There are a few tools available that can be used to bring Python to Excel, and it can be difficult to know which one is right for different situations. Below is an overview of each, which I hope will highlight the differences between them and help you decide which ones are right for what you need to achieve.

See the table of features along with the packages that support them below.

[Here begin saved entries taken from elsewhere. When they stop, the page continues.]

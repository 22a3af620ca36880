-- ===== src/Time/Wheel/Total/Loop.antt =====
-- The main loop comes to its end when every timer comes back later.
use libev_test.Base.{
  ℕ, zero, suc, ◌+◌, ◌/◌, ◌%◌, ◌<◌, ◌≤◌, ◌≡◌, inl, inr, refl, arith, false, List, [], ◌∷◌, none,
  some, ◌==◌, Bool-cases, Option-cases, List-cases, length,
}
use libev_test.Time.Wheel.{TimerMgr, NodePool, Script, file, refile, cascade, cascades}
use libev_test.Time.Wheel.Valid.{Allowed, Anything, IsSmall, head_in_use}
use libev_test.Time.Wheel.Run.{fire_one, run_list, internal_run_timer, main_loop}
use libev_test.Time.Wheel.Cascade.Move.{in_tick}
use libev_test.Time.Wheel.Ready.{IsMid, IsReady, cascades-IsMid, IsMid-IsReady}
use libev_test.Time.Wheel.Tick.{fire_one-IsMid, internal_run_timer-IsMid}
use libev_test.Time.Wheel.Due.Round.{Allowed-map}
use libev_test.Time.Wheel.Total.{IsLater}
use libev_test.Time.Wheel.Total.Round.{AreBrisk, fire_one-IsShorter}

refile-AreBrisk : (mids : List ℕ) (w : TimerMgr) → AreBrisk w → AreBrisk (refile mids w)
unfolding refile file
refile-AreBrisk [] w b = b
refile-AreBrisk (mid ∷ mids) w b = elim (Option-cases (w.nodes mid)) [
  | inl e ↦ rw (e, refile) b
  | inr (node, e) ↦
      rw (e, refile)
        (refile-AreBrisk mids (file false mid node w) (λ m. elim (Bool-cases (mid == m)) [
          | inl same ↦ rw same (rw e at (b mid))
          | inr other ↦ rw other (b m)
        ]))
]

cascade-AreBrisk : (s : ℕ) (w : TimerMgr) → AreBrisk w → AreBrisk (cascade s w)
unfolding cascade
cascade-AreBrisk s w b = refile-AreBrisk (w.vec s) w b

cascades-AreBrisk : (w : TimerMgr) → AreBrisk w → AreBrisk (cascades w)
unfolding cascades
cascades-AreBrisk w b m =
    let t = w.cur_tick in
    let w2 = cascade (256 + (t / 256) % 64) w in
    let w3 = cascade (320 + (t / 16384) % 64) w2 in
    let w4 = cascade (384 + (t / 1048576) % 64) w3 in
    let b2 = cascade-AreBrisk (256 + (t / 256) % 64) w b in
    let b3 = cascade-AreBrisk (320 + (t / 16384) % 64) w2 b2 in
    let b4 = cascade-AreBrisk (384 + (t / 1048576) % 64) w3 b3 in
    let b5 = cascade-AreBrisk (448 + (t / 67108864) % 64) w4 b4 in
    ground (arith, b m, b2 m, b3 m, b4 m, b5 m)

module _ (pool : NodePool) (react : ℕ → ℕ → List ℕ → Script) where
  -- More fuel does not change a result.
  run_list_mono :
      (f g list : ℕ) (w w' : TimerMgr)
      → f ≤ g
      → run_list pool react f list w ≡ some w'
      → run_list pool react g list w ≡ some w'
  unfolding run_list
  run_list_mono zero g list w w' le ran = cc
  run_list_mono (suc f) zero list w w' le ran = absurd (omega arith)
  run_list_mono (suc f) (suc g) list w w' le ran = elim (List-cases (w.vec list)) [
    | inl e ↦ rw (e, run_list) (rw (e, run_list) at ran)
    | inr (mid, mids, e) ↦ elim (Option-cases (w.nodes mid)) [
      | inl gone ↦ absurd (let h : none ≡ some w' = rw (e, gone, run_list) at ran in cc)
      | inr (node, here) ↦
          rw (e, here, run_list)
            (run_list_mono f g list (fire_one pool react list mid node w) w' (omega arith)
              (rw (e, here, run_list) at ran))
    ]
  ]

  internal_run_timer_mono :
      (f g : ℕ) (w w' : TimerMgr)
      → f ≤ g
      → internal_run_timer pool react f w ≡ some w'
      → internal_run_timer pool react g w ≡ some w'
  unfolding internal_run_timer
  internal_run_timer_mono f g w w' le ran =
      run_list_mono f g (w.cur_tick % 256) (cascades w) w' le ran

  main_loop_mono :
      (f g n : ℕ) (w w' : TimerMgr)
      → f ≤ g
      → main_loop pool react f n w ≡ some w'
      → main_loop pool react g n w ≡ some w'
  unfolding main_loop
  main_loop_mono f g zero w w' le ran = ran
  main_loop_mono f g (suc n) w w' le ran = elim (Option-cases (internal_run_timer pool react f w)) [
    | inl e ↦ absurd (let h : none ≡ some w' = rw (e, main_loop) at ran in cc)
    | inr (ran1, e) ↦
        rw (internal_run_timer_mono f g w ran1 le e, main_loop)
          (main_loop_mono f g n (record ran1 { cur_tick = ran1.cur_tick + 1 }) w' le
            (rw (e, main_loop) at ran))
  ]

module _ (pool : NodePool) (react : ℕ → ℕ → List ℕ → Script)
    (later : (mid type : ℕ) (bytes : List ℕ)
      → Allowed IsLater Anything (react mid type bytes)) where
  react-Allowed : (mid type : ℕ) (bytes : List ℕ) → Allowed IsSmall Anything (react mid type bytes)
  react-Allowed mid type bytes =
      Allowed-map IsLater IsSmall (λ r h. h.0) (λ d h. h) (react mid type bytes)
        (later mid type bytes)

  run_list-total :
      (t : ℕ)
      → t < 0x8000000000000000
      → (fuel : ℕ) (w : TimerMgr) → IsMid t w
      → AreBrisk w
      → length (w.vec (t % 256)) < fuel
      → (w' : TimerMgr) × (run_list pool react fuel (t % 256) w ≡ some w') × AreBrisk w'
  unfolding run_list
  run_list-total t small zero w i b h = absurd (omega arith)
  run_list-total t small (suc fuel) w i b h = elim (List-cases (w.vec (t % 256))) [
    | inl e ↦ (w, rw (e, run_list) refl, b)
    | inr (mid, mids, e) ↦
        let n = head_in_use (in_tick t) w (t % 256) mid mids i.valid e in
        let next = fire_one pool react (t % 256) mid n.0 w in
        let s = fire_one-IsShorter pool react later t small mid n.0 w i b n.1 n.2 in
        let r =
          run_list-total t small fuel next
            (fire_one-IsMid pool react react-Allowed t small mid n.0 w i n.1 n.2) s.0
            (omega (arith, s.1)) in
        (r.0, rw (e, n.1, run_list) r.1, r.2)
  ]

  -- One tick: more fuel than the list of the tick is long suffices.
  pub internal_run_timer-total :
      (fuel : ℕ) (w : TimerMgr)
      → w.cur_tick < 0x8000000000000000
      → IsReady w
      → AreBrisk w
      → length ((cascades w).vec (w.cur_tick % 256)) < fuel
      → (w' : TimerMgr) × (internal_run_timer pool react fuel w ≡ some w') × AreBrisk w'
  unfolding internal_run_timer
  internal_run_timer-total fuel w small ready b h =
      run_list-total w.cur_tick small fuel (cascades w) (cascades-IsMid w small ready)
        (cascades-AreBrisk w b) h

  -- On a wheel that is ready, where no timer is left running and each has an interval or one call to
  -- go, with callbacks that add only such timers, one tick or more ahead: for some fuel `main_loop`
  -- runs all its ticks to the end, and leaves such a wheel.
  pub main_loop-total :
      (n : ℕ) (w : TimerMgr)
      → w.cur_tick + n < 0x8000000000000000
      → IsReady w
      → AreBrisk w
      → (fuel : ℕ) × (w' : TimerMgr) × (main_loop pool react fuel n w ≡ some w') × AreBrisk w'
  unfolding main_loop
  main_loop-total zero w small ready b = (0, w, refl, b)
  main_loop-total (suc n) w small ready b =
      let first =
        internal_run_timer-total (suc (length ((cascades w).vec (w.cur_tick % 256)))) w
          (omega arith) ready b (omega arith) in
      let ran = first.0 in
      let i =
        internal_run_timer-IsMid pool react react-Allowed _ w ran (omega arith) ready first.1 in
      let next : TimerMgr = record ran { cur_tick = ran.cur_tick + 1 } in
      let rest =
        main_loop-total n next (omega (arith, i.0.clock)) (IsMid-IsReady w.cur_tick ran i.0 i.1)
          first.2 in
      let fuel = suc (length ((cascades w).vec (w.cur_tick % 256))) + rest.0 in
      (
        fuel,
        rest.1,
        rw (internal_run_timer_mono pool react _ fuel w ran (omega arith) first.1, main_loop)
            (main_loop_mono pool react rest.0 fuel n next rest.1 (omega arith) rest.2),
        rest.3,
      )
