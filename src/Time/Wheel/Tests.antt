-- ===== src/Time/Wheel/Tests.antt =====
-- The timer wheel on small inputs: the examples of its theorems.
use libev_test.Base.{
  occurs, ℕ, map, zero, suc, ◌+◌, ◌<◌, ◌≡◌, ◌≢◌, ◌⊎◌, inl, inr, refl, arith, true, false, List, [],
  ◌∷◌, Option, none, some, ◌==◌, if◌then◌else◌, Bool-cases, Option-cases,
}
use libev_test.Time.Wheel.{
  TimerNode, TimerMgr, NodePool, Request, Script, finish, add_timer, add, file, find_handle_list,
  cascades, cascade, refile, drop_timer,
}
use libev_test.Time.Wheel.Valid.{IsSmall, Allowed, Anything}
use libev_test.Time.Wheel.Run.{
  main_loop, internal_run_timer, run_list, fire_one, call_back, run_script, renew, del,
}
use libev_test.Time.Wheel.Fire.{IsPending}
use libev_test.Time.Wheel.Ready.{IsReady}
use libev_test.Time.Wheel.Tick.{main_loop-IsReady}
use libev_test.Time.Wheel.Due.{WasCalled}
use libev_test.Time.Wheel.Due.Loop.{main_loop-calls}
use libev_test.Time.Wheel.Calls.{add-IsReady, add_lem, del_lem, IsWanted, IsLocal, IsDeleted}
use libev_test.Time.Wheel.Total.{IsLater}
use libev_test.Time.Wheel.Total.Round.{AreBrisk}
use libev_test.Time.Wheel.Total.Loop.{main_loop-total}

-- A pool of eight nodes: the first that is free.
abbrev first_free : ℕ → ℕ → (ℕ → Option TimerNode) → Option ℕ
first_free zero i used = none
first_free (suc k) i used = elim (used i) [ none ↦ some i | some _ ↦ first_free k (suc i) used ]

first_free-fresh :
    (k i : ℕ) (used : ℕ → Option TimerNode) (mid : ℕ)
    → 0 < i
    → first_free k i used ≡ some mid
    → (used mid ≡ none) × (0 < mid)
first_free-fresh zero i used mid pos e = cc
first_free-fresh (suc k) i used mid pos e = elim (Option-cases (used i)) [
  | inl free ↦ let h : i ≡ mid = ground (arith, rw (free, first_free) at e) in rw (← h) (free, pos)
  | inr (node, here) ↦
      first_free-fresh k (suc i) used mid (omega arith) (rw (here, first_free) at e)
]

abbrev eight_nodes : NodePool
eight_nodes = record {
  alloc = first_free 8 1;
  alloc_fresh = λ used mid e. first_free-fresh 8 1 used mid (omega arith) e;
}

abbrev one : ℕ
one = 1

abbrev once : ℕ → ℕ → Request
once first type = record { first = first; interval = 0; num = 1; timer_type = type; bytes = [] }

-- A callback of type 1 starts a timer of type 2 for three ticks later.
abbrev react : ℕ → ℕ → List ℕ → Script
react mid type bytes = if type == 1 then add_timer (once 3 2) false (λ _. finish) else finish

abbrev no_timers : TimerMgr
no_timers = record {
  cur_tick = 500;
  vec = λ _. [];
  nodes = λ _. none;
  timeout_funcs = λ _. true;
  calls = [];
}

no_timers-IsReady : IsReady no_timers
unfolding occurs
no_timers-IsReady = record {
  valid = record { listed = λ m s. refl; placed = λ m. tt; no_zero = refl };
  punctual = tt;
}

abbrev one_timer : TimerMgr
one_timer = (add eight_nodes (once 270 1) false no_timers).1

one_timer-IsReady : IsReady one_timer
one_timer-IsReady =
    add-IsReady eight_nodes (once 270 1) false no_timers no_timers-IsReady (omega arith)
      (omega arith)

abbrev result : Option TimerMgr → TimerMgr
result none = no_timers
result (some w) = w

abbrev after : TimerMgr
after = result (main_loop eight_nodes react 5 280 one_timer)

after_runs : main_loop eight_nodes react 5 280 one_timer ≡ some after
unfolding main_loop add internal_run_timer run_list cascades file find_handle_list cascade refile
    fire_one call_back run_script renew drop_timer
after_runs = refl

after_calls : map (λ c. c.tick) after.calls ≡ 770 ∷ 773 ∷ []
unfolding main_loop add internal_run_timer run_list cascades file find_handle_list cascade refile
    fire_one call_back run_script renew drop_timer
after_calls = refl

react_spares : (mid type : ℕ) (bytes : List ℕ) → Allowed IsSmall (λ d. d ≢ 1) (react mid type bytes)
react_spares mid type bytes = elim (Bool-cases (type == 1)) [
  | inl e ↦ rw e ((omega arith, omega arith), λ made. tt)
  | inr e ↦ rw e tt
]

react-IsSmall : (mid type : ℕ) (bytes : List ℕ) → Allowed IsSmall Anything (react mid type bytes)
react-IsSmall mid type bytes = elim (Bool-cases (type == 1)) [
  | inl e ↦ rw e ((omega arith, omega arith), λ made. tt)
  | inr e ↦ rw e tt
]

react-IsLater : (mid type : ℕ) (bytes : List ℕ) → Allowed IsLater Anything (react mid type bytes)
react-IsLater mid type bytes = elim (Bool-cases (type == 1)) [
  | inl e ↦ rw e (((omega arith, omega arith), omega arith, inr refl), λ made. tt)
  | inr e ↦ rw e tt
]

one_timer-clock : one_timer.cur_tick ≡ 500
unfolding add file
one_timer-clock = refl

one_timer-IsPending : IsPending 770 (one_timer.nodes 1)
unfolding add file
one_timer-IsPending = (refl, refl)

one_timer-AreBrisk : AreBrisk one_timer
unfolding add file
one_timer-AreBrisk m = elim (Bool-cases (1 == m)) [
  | inl e ↦ rw e (refl, inr (refl, refl))
  | inr e ↦ rw e tt
]

main_loop-calls_example : WasCalled 1 770 after.calls
main_loop-calls_example =
    main_loop-calls eight_nodes react 770 1 react_spares 5 280 one_timer after
      (omega (arith, one_timer-clock)) one_timer-IsReady one_timer-IsPending
      (omega (arith, one_timer-clock)) after_runs

main_loop-IsReady_example : IsReady after × (after.cur_tick ≡ one_timer.cur_tick + 280)
main_loop-IsReady_example =
    main_loop-IsReady eight_nodes react react-IsSmall 5 280 one_timer after
      (omega (arith, one_timer-clock)) one_timer-IsReady after_runs

main_loop-total_example :
    (fuel : ℕ) × (w' : TimerMgr) × (main_loop eight_nodes react fuel 280 one_timer ≡ some w')
    × AreBrisk w'
main_loop-total_example =
    main_loop-total eight_nodes react react-IsLater 280 one_timer (omega (arith, one_timer-clock))
      one_timer-IsReady one_timer-AreBrisk

add_lem_example :
    let added = add eight_nodes (once 270 1) false no_timers in
    ((¬ IsWanted eight_nodes (once 270 1) no_timers) × (added ≡ (none, no_timers)))
    ⊎ ((wanted : IsWanted eight_nodes (once 270 1) no_timers) × (added.0 ≡ some wanted.5)
        × (no_timers.nodes wanted.5 ≡ none)
        × IsPending 770 (added.1.nodes wanted.5)
        × IsLocal wanted.5 no_timers added.1)
add_lem_example =
    add_lem eight_nodes (once 270 1) false no_timers no_timers-IsReady (omega arith)
      (omega arith, omega arith)

del_lem_example :
    ((one ≡ 0) × (del 1 one_timer ≡ (true, one_timer)))
    ⊎ ((0 < 1) × (one_timer.nodes 1 ≡ none) × (del 1 one_timer ≡ (false, one_timer)))
    ⊎ ((node : TimerNode) × (one_timer.nodes 1 ≡ some node)
        × ((del 1 one_timer).0 ≡ true)
        × IsDeleted 1 node (del 1 one_timer).1
        × IsLocal 1 one_timer (del 1 one_timer).1)
del_lem_example = del_lem 1 one_timer one_timer-IsReady
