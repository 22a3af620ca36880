-- ===== src/Word.antt =====
-- xrbase/trieword: a tree of words, and the filter that finds and masks them in a text.
pub mod Tree
pub mod Filter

PyXLL – The Python Excel Add-In

PyXLL is currently the only package that enables developers to write fully featured Excel add-ins in Python. It embeds the Python interpreter into Excel so that it can be used as a complete VBA replacement. You can think of it conceptually to be similar to something like Excel-DNA for C#, except that it is dynamic and imports your Python code while Excel is running – so there’s no add-in to build and no need to restart Excel when modifying your Python code.

Using PyXLL, Python code can be used to write:

Writing a user-defined function with PyXLL requires the ‘xl_func’ decorator to be applied to a normal Python function:

from pyxll import xl_func

@xl_func

def py_test(a, b, c):

return (a + b) * c

PyXLL has a config file (pyxll.cfg) which contains a list of all the modules that will be imported when Excel starts. By adding the module above to the list in that file, PyXLL will expose the ‘py_test’ function to Excel as a user-defined function to be called from a worksheet.

Some additional features of PyXLL are:

1. Array functions

PyXLL can work with arrays of data and has support for NumPy and Pandas types. Functions returning arrays can automatically resize to avoid errors when the dimensions of a result change.

2. Real-Time Data

Stream real-time data into Excel from Python with PyXLL’s Real-Time Data feature.

3. Object Cache

For functions that return Python objects, rather than simple types (strings, numbers etc) or arrays (NumPy arrays and Pandas DataFrames or Series) PyXLL has a clever ‘object cache’. Object identifiers are returned, and when passed into another function the identifier is used to find the original object. This allows objects to be passed between Python functions using Excel formulas. This can be very useful when dealing with large data sets where the whole dataset doesn’t need to be visible in Excel all at once, but instead is passed between Python functions – for example, loading a large data set and performing some aggregation operations and presenting the aggregate results in Excel.

4. Excel Object Model

PyXLL has integration with the main COM packages, pywin32, and comtypes, which allow the entire Excel Object Model to be used from Excel macros and functions written with PyXLL. This enables anything that could be done in VBA to be done in Python. It also integrates with xlwings so that the xlwings API can also be used to read and write from Excel.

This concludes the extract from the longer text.